All are lovely, but I ADORE the Sapin. 


Sent from my iPhone using Soap Making


----------



## Ancel (Oct 11, 2013)

Beautiful and elegant!!


----------



## TVivian (Oct 11, 2013)

I love, love, love them all!!!! I ordered a great assortment of clays yesterday and am SO excited to use them after seeing your pictures! 


Sent from my iPhone using Soap Making


----------



## Serenity (Oct 11, 2013)

I like the Sapin one as well. It's a fantastic looking swirl. Well done!


----------



## Saswede (Oct 11, 2013)

Thanks for the kind words, everyone.  Now I know why I love this forum!  

Actually, I found the photography to be even more demanding as the soap making!!  Definitely need to improve there ..... 


Sent from my iPad using Soap Making


----------



## neeners (Oct 11, 2013)

love them all!!


----------



## judymoody (Oct 11, 2013)

All are gorgeous but sapin is my favorite!


----------



## Hazel (Oct 11, 2013)

I also love the Sapin but they're all lovely. The swirls in the soap make me think of leaves and flowers.


----------



## kazmi (Oct 12, 2013)

I love all of your soaps Saswede!  Do you use a pvc pipe to make your round soaps?


----------



## Lidyax (Oct 12, 2013)

Oh my.
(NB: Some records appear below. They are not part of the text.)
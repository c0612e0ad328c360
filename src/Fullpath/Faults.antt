-- ===== src/Fullpath/Faults.antt =====
-- Where `_fullpath` for ACK goes wrong.
use libi.Base.{
  ℕ, suc, ◌≤◌, ◌<◌, ◌≡◌, sym, ap, ◌∙◌, Bool, true, false, none, some, List, [], ◌∷◌, arith,
}
use libi.Base.{length, ltb, leb, ◌==◌, if◌then◌else◌, ltb_of_le}
use libi.Path.Chars.{max_path, path_sep_p}
use libi.Fullpath.{
  ok, err, ◌>>=◌, Dos, Buffer, loop, end_text, ack_fullpath, start_dir, letter, root, too_long,
  dos_error,
}

-- A buffer of two or three bytes is written past its end: the root of the current drive has three
-- and a NUL.
pub ack_fullpath_overflows :
    (dos : Dos) (size drive s : ℕ)
    → 2 ≤ size
    → size ≤ 3
    → dos.getdrive ≡ suc drive
    → path_sep_p s ≡ true
    → (text : List ℕ) × (ack_fullpath dos false size (some (s ∷ [])) ≡ ok text)
      × (size ≤ length text)
unfolding ack_fullpath
ack_fullpath_overflows dos size drive s h k hd hs =
    let n = if ltb max_path size then max_path else size in
    let not_zero : (dos.getdrive == 0) ≡ false = ground (arith, hd) in
    let far : Buffer × List ℕ = (start_dir dos dos.getdrive n, s ∷ []) in
    let nowhere : Buffer × List ℕ = (record { text = []; starts = [] }, s ∷ []) in
    let at_root : Buffer × List ℕ = (root dos.getdrive, []) in
    let run = λ (begun : Buffer × List ℕ).
      loop dos n (length begun.1) begun.1 begun.0 >>= λ buf. ok (end_text buf.text) in
    let in_root = λ (b : Bool). if b then at_root else far in
    let begun = λ (b : Bool). if b then nowhere else in_root (path_sep_p s) in
    (
      letter dos.getdrive ∷ b':' ∷ 0x5c ∷ [],
      ap (λ b. if b then err too_long else run (begun (dos.getdrive == 0))) (ltb_of_le size 2 h)
          ∙ (ap (λ b. run (begun b)) not_zero ∙ ap (λ b. run (in_root b)) hs),
      omega (arith, k),
    )

-- With a buffer shorter than `_MAX_PATH`, the result for a network path does not depend on the path.
pub ack_fullpath_ignores :
    (dos : Dos) (size : ℕ) (p q : List ℕ)
    → size < max_path
    → ack_fullpath dos false size (some (0x5c ∷ 0x5c ∷ p))
      ≡ ack_fullpath dos false size (some (0x5c ∷ 0x5c ∷ q))
unfolding ack_fullpath
ack_fullpath_ignores dos size p q h =
    let n = if ltb max_path size then max_path else size in
    let short : leb max_path n ≡ false = ground (arith, h) in
    let named = λ (path : List ℕ) (b : Bool).
      if ltb size 2
      then err too_long
      else if b
      then elim (dos.do_truename path) [ none ↦ err dos_error | some full ↦ ok full ]
      else elim (dos.do_truename dos.unwritten) [
        | none ↦ err dos_error
        | some full ↦ if ltb n (length dos.unwritten) then err too_long else ok dos.unwritten
      ] in
    ap (named (0x5c ∷ 0x5c ∷ p)) short ∙ sym (ap (named (0x5c ∷ 0x5c ∷ q)) short)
They're just gorgeous!


Sent from my iPad using Soap Making


----------



## Saswede (Oct 12, 2013)

Kazmi, I actually used Pringles cans which I line with a piece of heavy plastic - cut to size and reusable, so that I don't have to spend hours getting the lining just right.  (I get everyone to save them for me!).  And then I used a smaller plastic tube inside that to pour in the center color, and swirled.  It actually all went horribly wrong, and the swirling didn't work out at all how I wanted ......  So I was very nervous when I cut them, but extremely pleased with how they turned out.


Sent from my iPad using Soap Making


----------



## lsg (Oct 12, 2013)

The are all very nice, but I do love those swirls.


----------



## Macv3 (Oct 15, 2013)

Beautiful soaps


----------



## Fyrja (Oct 17, 2013)

Gorgeous!  How did you do that curl?


----------



## Saswede (Oct 17, 2013)

It's a multi-day soaping marathon, Fyrja!  (It's not that bad, but does take more time than most of the other soaps I make.)

I make a small batch of the colored soap for the "curl", and pour it as a thin layer in a slab mold.  Then wait about 18-24 hours (preventing gel), when the soap is really pliable and you can actually work with it to make the curl - either just cut it into the right size if the thickness looks good, or with this one I put it between 2 sheets of cling wrap and rolled it out with a rolling pin!  (Those baking skills can be quite handy!).  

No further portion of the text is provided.